Favors: bribes upon my character; psychic debt; stinging loss of integrity’s feathers and petals. My man-child’s leg crumpled beneath him: knee bent out of dimension, requiring repair. ‘They know what they’re doing,’ we’re told. ‘Do they know what they’re doing?’ – we ask.

Time will tell. Youth’s aches, temporary, remarkably self-healing, can be rubbed away with an ease that surprises.

Do they know what they’re doing?

We repress the question, but it asks itself in the midst of night’s dreams and wakefulness.

Today, close to tears, sitting here, waiting for…tomorrow?

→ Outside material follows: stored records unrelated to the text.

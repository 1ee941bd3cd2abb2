-- ===== src/Examples/Upstreams.antt =====
-- src/upstreams/ at concrete upstreams.
use pingora_guide.Base.{All, String, List, ◌≡◌, refl, true, [], ◌∷◌}
use pingora_guide.Context.{any_meta}
use pingora_guide.Base.Text.{◌<>◌, trim, trim_start, trim_end, is_whitespace}
use pingora_guide.Base.Text.Laws.{lacks, lacks-Lacks}
use pingora_guide.Base.Dict.{lookup}
use pingora_guide.Upstreams.LoadBalancer.Cookie.{cookie_value}
use pingora_guide.Upstreams.LoadBalancer.RoundTrip.{pair, IsCookie, cookie_value-printed}

whole-IsCookie :
    (c : String × String)
    → lacks b'=' c.0 ≡ true
    → lacks b';' c.0 ≡ true
    → lacks b';' c.1 ≡ true
    → trim (pair c) ≡ pair c
    → IsCookie c
whole-IsCookie c name name' value trimmed = record {
  name_plain = lacks-Lacks b'=' c.0 name;
  name_whole = lacks-Lacks b';' c.0 name';
  value_whole = lacks-Lacks b';' c.1 value;
  trimmed = trimmed;
}

abbrev cookies : List (String × String)
cookies = ("a", "1") ∷ ("id", "x=2") ∷ ("id", "3") ∷ []

cookies_whole : All IsCookie cookies
unfolding ◌<>◌ trim trim_start trim_end is_whitespace
cookies_whole = (
  whole-IsCookie ("a", "1") refl refl refl refl,
  (
    whole-IsCookie ("id", "x=2") refl refl refl refl,
    (whole-IsCookie ("id", "3") refl refl refl refl, tt),
  ),
)

cookie_value-printed_example : cookie_value "id=" "a=1; id=x=2; id=3" ≡ "x=2"
unfolding ◌<>◌ lookup
cookie_value-printed_example =
    cookie_value-printed "id" cookies (lacks-Lacks b'=' "id" refl) cookies_whole
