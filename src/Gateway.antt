-- ===== src/Gateway.antt =====
-- src/gateway.rs: the handlers of `ProxyHttp`, over the chain of middlewares and the router.
pub mod Chain
pub mod Requests
pub mod Connections
pub mod Responses
pub mod Failures
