-- ===== src/Lessons.antt =====
-- The lessons of examples/: programs on their own, each about one feature of the framework.
pub mod Shared
pub mod PathRouting
pub mod QueryParams
pub mod BodyInspection
pub mod InflightLimit
pub mod StickySessions
pub mod GracefulShutdown
pub mod EchoServer
pub mod DynamicReconfiguration
pub mod Peers
pub mod Balancing
pub mod Limits
pub mod Services
pub mod Caching
pub mod Mains
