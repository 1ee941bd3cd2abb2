-- ===== src/Lessons/Balancing.antt =====
-- Lessons about the choice of a backend from a pool.
pub mod RoundRobin
pub mod WeightedLb
pub mod ConsistentHashing
pub mod ActivePassive
pub mod FileDiscovery
pub mod HealthCheckTcp
pub mod HealthCheckHttp
pub mod CustomHealthCheck
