-- ===== src/Lessons/Balancing/ActivePassive.antt =====
-- examples/33_active_passive_lb.rs: a backup where the pool is empty.
use pingora_guide.Base.{false, none, some, pure, gets, ◌>>=◌, string_eq, nat_eq}
use pingora_guide.Pingora.{Pingora}
use pingora_guide.Lessons.Shared.{TunedPeer, untuned, Call, Edit, on_header, draw, fixed_peer}
use pingora_guide.Base.{List, String, [], ◌>>◌, ◌∷◌}
use pingora_guide.Lessons.Mains.Server.{
  Main, Outside, new_server, bootstrap, add_service, run_forever, background, balancer, http_proxy,
  tcp, try_from_iter, pool_of, evenly, checked, tcp_check,
}

module _ (P : Pingora) where
  unfoldable pub upstream_peer : Call P P.LoadBalancer (Unit {0}) (TunedPeer P)
  upstream_peer = do
    pool ← gets (λ x. x.shared)
    call ← draw P
    elim (P.select call pool "" 256) [
      | some upstream ↦
          pure (record (untuned P (P.new_peer upstream false "primary.cluster.local")) {
            read_timeout = some (some 1000000000);
            connection_timeout = some (some 1000000000);
          })
      | none ↦ fixed_peer P ("172.28.0.21", 8080) false "backup.cluster.local"
    ]

  unfoldable pub upstream_request_filter : Edit P P.LoadBalancer (Unit {0}) (Unit {0})
  upstream_request_filter = on_header P (P.insert_header "Host" "active-passive-cluster")

-- `main`
unfoldable pub main : (O : Outside) → Main O (Unit {0})
main O = do
  new_server O
  bootstrap O
  let addresses : List String = "172.28.0.20:8080" ∷ []
  try_from_iter O addresses
  let upstreams = checked (tcp_check 1000000000 1 1) (pool_of (evenly addresses))
  add_service O (background "primary_pool_lb" (balancer upstreams))
  add_service O (http_proxy (some upstreams) (tcp "0.0.0.0:6177" ∷ []))
  run_forever O
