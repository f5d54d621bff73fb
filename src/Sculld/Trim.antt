-- ===== src/Sculld/Trim.antt =====
-- `sculld_trim` gives back every block of a device, or leaves a mapped device alone.
use linux_device_driver.Common.{
  ℕ, ◌+◌, ◌≡◌, ◌<◌, inl, inr, refl, none, some, List, [], ◌∷◌, arith, All, ltb, Bool-cases,
}
use linux_device_driver.Kernel.{ok, err, ebusy, done, Ret, Mem, Holds, kfree}
use linux_device_driver.Kernel.Ledger.{Moves, Balanced}
use linux_device_driver.Scull.Device.{Qset, item_blocks, slot_blocks, blocks, QsetFits, IsValid}
use linux_device_driver.Scull.Device.Trim.{free_slots-done}
use linux_device_driver.Chain.{free_next, held}
use linux_device_driver.Chain.AsScull.{as_scull}
use linux_device_driver.Sculld.{Dev, Config, quantum_of, free_data, trim}

free_data-done :
    (quantum qset : ℕ) (q : Qset) (m : Mem)
    → QsetFits quantum qset q
    → (m' : Mem) × (freed : ℕ) × (free_data qset q m ≡ done m')
      × Moves m m' 0 freed
      × (freed + 1 ≡ item_blocks q)
unfolding free_data kfree
free_data-done quantum qset none m h = (m, 0, refl, omega arith, refl)
free_data-done quantum qset (some a) m h =
    let (m', e, v) = free_slots-done qset a m h.0 in
    (kfree m', slot_blocks a + 1, rw e refl, omega (arith, v), omega arith)

free_next-done :
    (quantum qset : ℕ) (next : List Qset) (m : Mem)
    → All (QsetFits quantum qset) next
    → (m' : Mem) × (free_next (free_data qset) next m ≡ done m') × Moves m m' 0 (blocks next)
unfolding free_next kfree
free_next-done quantum qset [] m h = (m, refl, omega arith)
free_next-done quantum qset (q ∷ next) m h =
    let (m1, n, e1, v1, n_is) = free_data-done quantum qset q m h.0 in
    let (m', e, v) = free_next-done quantum qset next (kfree m1) h.1 in
    (m', rw e1 e, omega (arith, v1, v, n_is))

-- What a trim leaves: an emptied device with the module's sizes and its blocks given back, or, while
-- the device is mapped, nothing changed and an error.
pub data Trimmed (g : Config) (dev : Dev) (m : Mem) : Ret × Dev × Mem → Type 0 where
  emptied :
      (m' : Mem)
      → dev.vmas ≡ 0
      → Balanced m m' (held dev.store) 1
      → Trimmed g dev m (
        ok 0,
        record dev {
          store = record { array = none; next = []; qset = g.qset; size = 0 };
          order = g.order;
        },
        m',
      )
  mapped : 0 < dev.vmas → Trimmed g dev m (err ebusy, dev, m)

-- On a valid device `sculld_trim` is defined; it gives back exactly the blocks that the device held
-- beside itself and leaves it empty, or refuses and leaves everything as it was while the device is
-- mapped.
pub trim-Trimmed :
    (page : ℕ) (g : Config) (dev : Dev) (m : Mem)
    → IsValid (as_scull (quantum_of page dev) dev.store)
    → Holds (Trimmed g dev m) (trim g dev m)
unfolding trim
trim-Trimmed page g dev m valid = elim (Bool-cases (ltb 0 dev.vmas)) [
  | inl busy ↦ rw (busy, Holds) (mapped (ground (arith, busy)))
  | inr idle ↦
      let quantum = quantum_of page dev in
      let (m1, n, e1, v1, n_is) =
        free_data-done quantum dev.store.qset dev.store.array m valid.shaped.0 in
      let (m', e, v) = free_next-done quantum dev.store.qset dev.store.next m1 valid.shaped.1 in
      rw (idle, e1, e) (emptied m' (ground (arith, idle)) (omega (arith, v1, v, n_is)))
]
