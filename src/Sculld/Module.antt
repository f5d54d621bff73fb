-- ===== src/Sculld/Module.antt =====
-- `sculld_init` and `sculld_cleanup` of sculld/main.c.
pub mod Life
use linux_device_driver.Common.{
  ℕ, zero, suc, ◌+◌, ◌-◌, ◌≡◌, inl, inr, refl, sym, ap, ◌∙◌, Bool, true, false, Option, none, some,
  List, [], ◌∷◌, arith, length, if◌then◌else◌, All,
}
use linux_device_driver.Kernel.{
  Errno, Ret, ok, err, enomem, Outcome, done, ◌>>=◌, Kernel, Mem, Holds, Holds-result, kmalloc,
  kfree,
}
use linux_device_driver.Kernel.Ledger.{Moves, Balanced, kmalloc_cases}
use linux_device_driver.Kernel.Clash.{ok-ne-err}
use linux_device_driver.Scull.Device.{IsValid}
use linux_device_driver.Chain.{held}
use linux_device_driver.Chain.AsScull.{as_scull}
use linux_device_driver.Sculld.{Dev, Config, quantum_of, trim}
use linux_device_driver.Sculld.Trim.{Trimmed, emptied, mapped, trim-Trimmed}

-- What the module has registered with the kernel: the device numbers, the driver, the character
-- devices and the devices of the virtual bus.
pub record Host : Type 0 where
  pub region : Bool
  pub driver : Bool
  pub cdevs : ℕ
  pub ldevs : ℕ
  pub mem : Mem

abbrev pub fresh : Config → Dev
fresh g = record {
  store = record { array = none; next = []; qset = g.qset; size = 0 };
  vmas = 0;
  order = g.order;
}

-- The loop that sets the devices up; failures of the registrations are not looked at.
unfoldable pub setup_all : Config → ℕ → Host → List Dev × Host
setup_all g zero h = ([], h)
setup_all g (suc n) h =
    let (devs, h') = setup_all g n (record h { cdevs = h.cdevs + 1; ldevs = h.ldevs + 1 }) in
    (fresh g ∷ devs, h')

unfoldable pub sculld_init : Kernel → Option Errno → Config → ℕ → Host → Ret × List Dev × Host
sculld_init k region_error g n h = elim region_error [
  | some e ↦ (err e, [], h)
  | none ↦
      let (granted, m) = kmalloc k h.mem in
      if granted
      then (let (devs, h') = setup_all g n (record h { region = true; driver = true; mem = m }) in
          (ok 0, devs, h'))
      else (err enomem, [], record h { region = false; driver = true; mem = m })
]

-- The loop that takes the devices down; what `sculld_trim` returns is not looked at.
unfoldable pub cleanup_all : Config → List Dev → Host → Outcome Host
cleanup_all g [] h = done h
cleanup_all g (dev ∷ devs) h = do
  t ← trim g dev h.mem
  cleanup_all g devs (record h { cdevs = h.cdevs - 1; ldevs = h.ldevs - 1; mem = t.2 })

unfoldable pub sculld_cleanup : Config → List Dev → Host → Outcome Host
sculld_cleanup g devs h = do
  h' ← cleanup_all g devs h
  done (record h' { region = false; driver = false; mem = kfree h'.mem })
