-- ===== src/Sculld/Module/Life.antt =====
-- Loading sculld, using its devices and unloading it.
use linux_device_driver.Common.{ℕ, ◌+◌, ◌-◌, ◌≡◌, refl, true, false, none, List, [], ◌∷◌, length}
use linux_device_driver.Kernel.{err, enomem, Kernel, kmalloc}
use linux_device_driver.Kernel.Ledger.{Moves, Balanced}
use linux_device_driver.Scull.Device.{IsValid}
use linux_device_driver.Chain.{held}
use linux_device_driver.Chain.AsScull.{as_scull}
use linux_device_driver.Sculld.{Dev, Config, quantum_of}
use linux_device_driver.Sculld.Module.{Host, sculld_init}

-- The blocks of all devices, with one for each.
abbrev pub total : List Dev → ℕ
total [] = 0
total (dev ∷ devs) = held dev.store + total devs

-- A device that may be taken down: valid, and mapped by nobody.
abbrev pub IsIdle : ℕ → Dev → Type 0
IsIdle page dev = IsValid (as_scull (quantum_of page dev) dev.store) × (dev.vmas ≡ 0)

record SetUp (g : Config) (n : ℕ) (h : Host) (r : List Dev × Host) : Type 0 where
  pub each : length r.0 ≡ n
  pub single : total r.0 ≡ n
  pub cdevs_up : r.1.cdevs ≡ h.cdevs + n
  pub ldevs_up : r.1.ldevs ≡ h.ldevs + n
  pub same_mem : r.1.mem ≡ h.mem

record Loaded (n : ℕ) (h : Host) (devs : List Dev) (h1 : Host) : Type 0 where
  pub each : length devs ≡ n
  pub single : total devs ≡ n
  pub cdevs_up : h1.cdevs ≡ h.cdevs + n
  pub ldevs_up : h1.ldevs ≡ h.ldevs + n
  pub got : Moves h.mem h1.mem 1 0

-- What the loop of the clean-up leaves of the host.
record TakenDown (devs : List Dev) (h h' : Host) : Type 0 where
  pub cdevs_down : h'.cdevs ≡ h.cdevs - length devs
  pub ldevs_down : h'.ldevs ≡ h.ldevs - length devs
  pub freed : Balanced h.mem h'.mem (total devs) (length devs)

-- When no memory is left for the devices, the load fails and gives the device numbers back, but the
-- driver stays registered.
pub failed_load_keeps_driver :
    (k : Kernel) (g : Config) (n : ℕ) (h : Host)
    → k.grants h.mem.requests ≡ false
    → let r = sculld_init k none g n h in
      (r.0 ≡ err enomem) × (r.2.region ≡ false) × (r.2.driver ≡ true)
unfolding sculld_init kmalloc
failed_load_keeps_driver k g n h refused = rw refused (refl, refl, refl)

A couple of years ago, while driving to my place of work with my just grown-up daughter, we were hit from the side and behind by a large truck. Carried along for an interminable hundred feet or yards, she gained control of the small auto and we came to rest beside the freeway, plowing down a road sign upon the way. I found my self, that day and for several days afterward, wanting…needing to confess my surprise and positive pleasure at being there, wherever, and with whomever. Life’s angers, wishes, all seemed vain and very small compared with the fact of our remaining presence.

Strangely, then, the experience of a close-call became cleansing; a moment in time became all of our time. Actual, we felt actual in a way of great completeness. And, in a certain way, life was renewed, a gift to have a future; what, now, to do with it? No longer in debt to my own history, but indebted to futurity. I wonder: must it require that level of experience?